Without an envelope, each message has to carry its identity inside its data — no consistent place to look. A receiver writes:

// no envelope
if (msg.text && msg.room) handleChat(msg);
else if (msg.cursor) handlePresence(msg);
else if (msg.error) handleError(msg);

It works until two message types share fields. Then you guess. Then you ship a bug.

With an envelope:

switch (msg.type) {
	case 'chat.message':
		return handleChat(msg.data);
	case 'presence.cursor':
		return handlePresence(msg.data);
	case 'error':
		return handleError(msg.data);
}

Each type is a closed contract. You add new types without touching old code. You add new fields to existing types without breaking parsers.

JSON, msgpack, or protobuf

Three serialization choices.

JSON — text frames, human-readable, every language has a parser. Slow at scale (a few hundred KB/s of JSON serialization is real), bigger on the wire than binary, no schema. Default for any app where messages are infrequent and small (chat, presence, dashboards).

MessagePack — binary, ~30% smaller than JSON, ~2–3× faster to parse. JSON-compatible types (map, array, string, number). Schema-less. Easy upgrade when JSON becomes the bottleneck.

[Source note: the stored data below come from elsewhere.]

-- ===== src/Provision/Reporting.antt =====
-- What the device tells its server: the signed acknowledgement of a config and the signed batch of
-- events (firmware/ephemerkey-provision/src/lib.rs, firmware/ephemerkey-envelope/src/schema.rs).
use mathlib.Core.Path.{subst}
use mathlib.Core.List.{append-nil}
use ephemerkey.Common.{
  ℕ, ◌+◌, ◌<◌, ◌^◌, ◌≡◌, ◌≢◌, refl, ap, sym, ◌∙◌, Bool, true, false, Option, none, some, inl, inr,
  take, List, [], ◌∷◌, ◌++◌, length, arith, All,
}
use ephemerkey.Cbor.{Result, ok, err}
use ephemerkey.Cbor.Encode
use ephemerkey.Cbor.RoundTrip.{both_ok, head-Wrote, head_bytes, expect-head_bytes}
use ephemerkey.Envelope.{sign1_write, sign1_verify, sig_structure, sign1_protected}
use ephemerkey.Envelope.Bytes.{Writes, Writes-then, Writes-done, sig_structure-fits}
use ephemerkey.Envelope.Signing.{SignLaws, sign1_verify-sign1_write}
use ephemerkey.Schema.{Event, event_encode, events_decode, ack_encode, ack_decode}
use ephemerkey.Schema.RoundTrip.{
  EventFits, batch_bytes, event_encode-Writes, read_events-batch_bytes, ack_decode-ack_encode,
}
use ephemerkey.Provision.{
  StoreOps, Crates, Identity, Xfer, Provisioner, Response, config_max, config_ack, error_frame,
}
use ephemerkey.Provision.Verify.{Verified, frame_of, signed_response, finish, commit}
use ephemerkey.Provision.Authority.{Authorised, commit-Authorised}
use ephemerkey.Provision.Session.{encode_events, events_batch}

encode_events-Writes : (evs : List Event) → Writes (encode_events evs) (batch_bytes evs)
unfolding encode_events
encode_events-Writes [] = λ e e' h. let q : e' ≡ e = cc in rw (append-nil e.out) q
encode_events-Writes (ev ∷ evs) =
    Writes-then (event_encode ev) (encode_events evs) _ _ (event_encode-Writes ev)
      (encode_events-Writes evs)

events_batch_lem :
    (evs : List Event) (t : List ℕ)
    → events_batch evs ≡ ok t
    → t ≡ head_bytes 4 (length evs) ++ batch_bytes evs
unfolding events_batch
events_batch_lem evs t h =
    Writes-done _ _ t 512
      (Writes-then (Encode.array (length evs)) (encode_events evs) _ _ (head-Wrote 4 (length evs))
        (encode_events-Writes evs))
      h

-- A batch that the device encodes, the server decodes.
pub events_decode-events_batch :
    (evs : List Event) (t : List ℕ)
    → All EventFits evs
    → length evs < 2 ^ 64
    → events_batch evs ≡ ok t
    → events_decode t ≡ ok evs
unfolding events_decode
events_decode-events_batch evs t fits lt h =
    rw
      (
        events_batch_lem evs t h,
        expect-head_bytes 4 (length evs) (batch_bytes evs) (omega arith) lt,
        read_events-batch_bytes evs fits,
      )
      refl

-- The number that CONFIG_BEGIN announced is a u32.
abbrev pub HintFits : Option Xfer → Type 0
HintFits none = Unit {0}
HintFits (some x) = x.seq_hint < 4294967296

module _ {S : Type 0} (ops : StoreOps S) (crates : Crates)
    (laws : SignLaws crates.crypto crates.public_key) where
  -- The answer is a message that the device's public key verifies, of this payload.
  abbrev pub Signs : Identity → List ℕ → List ℕ → Type 0
  Signs id answer payload =
      sign1_verify crates.crypto answer (config_max + 256) (crates.public_key id.sign)
      ≡ ok (payload, some id.device_id)

  write-Signs :
      (id : Identity) (payload answer : List ℕ)
      → length id.device_id ≡ 12
      → sign1_write crates.crypto 1024 (config_max + 256) payload (some id.device_id) id.sign
        ≡ ok answer
      → Signs id answer payload
  unfolding sign1_write
  write-Signs id payload answer named written =
      let (signed, at, rest) =
        both_ok (sig_structure (config_max + 256) sign1_protected payload) _ written in
      let small = sig_structure-fits (config_max + 256) sign1_protected payload signed at in
      sign1_verify-sign1_write crates.crypto crates.public_key laws 1024 (config_max + 256) payload
        (some id.device_id) id.sign answer (omega (arith, named)) (omega (arith, small)) written

  frame_of-ok :
      (ftype : ℕ) (r : Result (List ℕ)) (answer : List ℕ)
      → ftype ≢ error_frame
      → frame_of ftype r ≡ (ftype, answer)
      → r ≡ ok answer
  frame_of-ok ftype (err e) answer ne h = absurd (ne (let q : error_frame ≡ ftype = cc in sym q))
  frame_of-ok ftype (ok bytes) answer ne h = cc

  signed_response-Signs :
      (id : Identity) (ftype : ℕ) (r : Result (List ℕ)) (answer : List ℕ)
      → length id.device_id ≡ 12
      → ftype ≢ error_frame
      → signed_response crates id ftype r ≡ (ftype, answer)
      → (payload : List ℕ) × (r ≡ ok payload) × Signs id answer payload
  signed_response-Signs id ftype (err e) answer named ne h =
      absurd (ne (let q : error_frame ≡ ftype = cc in sym q))
  signed_response-Signs id ftype (ok payload) answer named ne h =
      (payload, refl, write-Signs id payload answer named (frame_of-ok ftype _ answer ne h))

  ack-Signs :
      (id : Identity) (answer : List ℕ) (seq : ℕ) (hash : List ℕ)
      → length id.device_id ≡ 12
      → seq < 2 ^ 64
      → length hash ≡ 32
      → signed_response crates id config_ack (ack_encode 64 seq hash) ≡ (config_ack, answer)
      → (ack : List ℕ) × Signs id answer ack × (ack_decode ack ≡ ok (seq, hash))
  ack-Signs id answer seq hash named ls lh h =
      let (ack, made, signed) =
        signed_response-Signs id config_ack (ack_encode 64 seq hash) answer named (λ e. omega arith)
          h in
      (ack, signed, ack_decode-ack_encode 64 seq hash ack ls lh made)

  finish-acknowledges :
      (p : Provisioner S) (blob answer : List ℕ) (v : Verified) (r : S × Bool)
      → length p.id.device_id ≡ 12
      → v.seq < 2 ^ 64
      → length (crates.sha256 blob) ≡ 32
      → (finish ops crates p blob v r).1 ≡ (config_ack, answer)
      → (ack : List ℕ) × (r.1 ≡ true)
        × Signs p.id answer ack
        × (ack_decode ack ≡ ok (v.seq, crates.sha256 blob))
  unfolding finish
  finish-acknowledges p blob answer v (store, false) named ls lh h =
      let q : error_frame ≡ config_ack = ap (λ (r : Response). r.0) h in absurd (omega (arith, q))
  finish-acknowledges p blob answer v (store, true) named ls lh h =
      let (ack, signed, decoded) = ack-Signs p.id answer v.seq (crates.sha256 blob) named ls lh h in
      (ack, refl, signed, decoded)

  -- Where the device answers a commit with CONFIG_ACK, a transfer of a 32-bit number was authorised and
  -- the store's commit of it succeeded, the device's public key verifies the answer, and the
  -- acknowledgement in it decodes to the number of the config and the hash of the blob.
  pub commit-acknowledges :
      (p : Provisioner S) (answer : List ℕ)
      → length p.id.device_id ≡ 12
      → HintFits p.xfer
      → ((bytes : List ℕ) → length (crates.sha256 bytes) ≡ 32)
      → (commit ops crates p).1 ≡ (config_ack, answer)
      → (a : Authorised ops crates p (commit ops crates p).0 (commit ops crates p).1) × (ack : List
          ℕ)
        × ((ops.commit p.store a.v.owner a.v.seq a.v.config).1 ≡ true)
        × Signs p.id answer ack
        × (ack_decode ack ≡ ok (a.v.seq, crates.sha256 (take a.xfer.len p.cfg_buf)))
  commit-acknowledges p answer named small lh h = elim (commit-Authorised ops crates p).1 [
    | inl (same, code, refused) ↦
        let q : error_frame ≡ config_ack = ap (λ (r : Response). r.0) (sym refused ∙ h) in
        absurd (omega (arith, q))
    | inr a ↦
        let ls : a.v.seq < 2 ^ 64 = omega (arith, subst HintFits a.begun small, a.genuine.hinted) in
        let (ack, done, signed, decoded) =
          finish-acknowledges (record p { xfer = none }) (take a.xfer.len p.cfg_buf) answer a.v
            (ops.commit p.store a.v.owner a.v.seq a.v.config) named ls
            (lh (take a.xfer.len p.cfg_buf)) (sym a.reply ∙ h) in
        (a, ack, done, signed, decoded)
  ]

Protobuf — binary, schema-mandatory, smallest and fastest. Same .proto files you used in gRPC. Right when both ends are services that already use protobuf, and the message volume justifies the codegen ceremony.

Most teams ship JSON. A few migrate to msgpack when they hit serialization CPU. Protobuf-on-WebSocket is rare in app code (the polyglot wins are in gRPC); it does appear in browser-extension protocols and game traffic.

For this track: JSON in beginner chapters, switch to msgpack in chapter 9 if you want to see it.

Request and response correlation

Plain HTTP gives you request/response for free. WebSockets do not. If a client sends {"type": "user.lookup", "data": {"id": 42}} and expects a reply, the server’s reply has to carry something the client can match to the original request.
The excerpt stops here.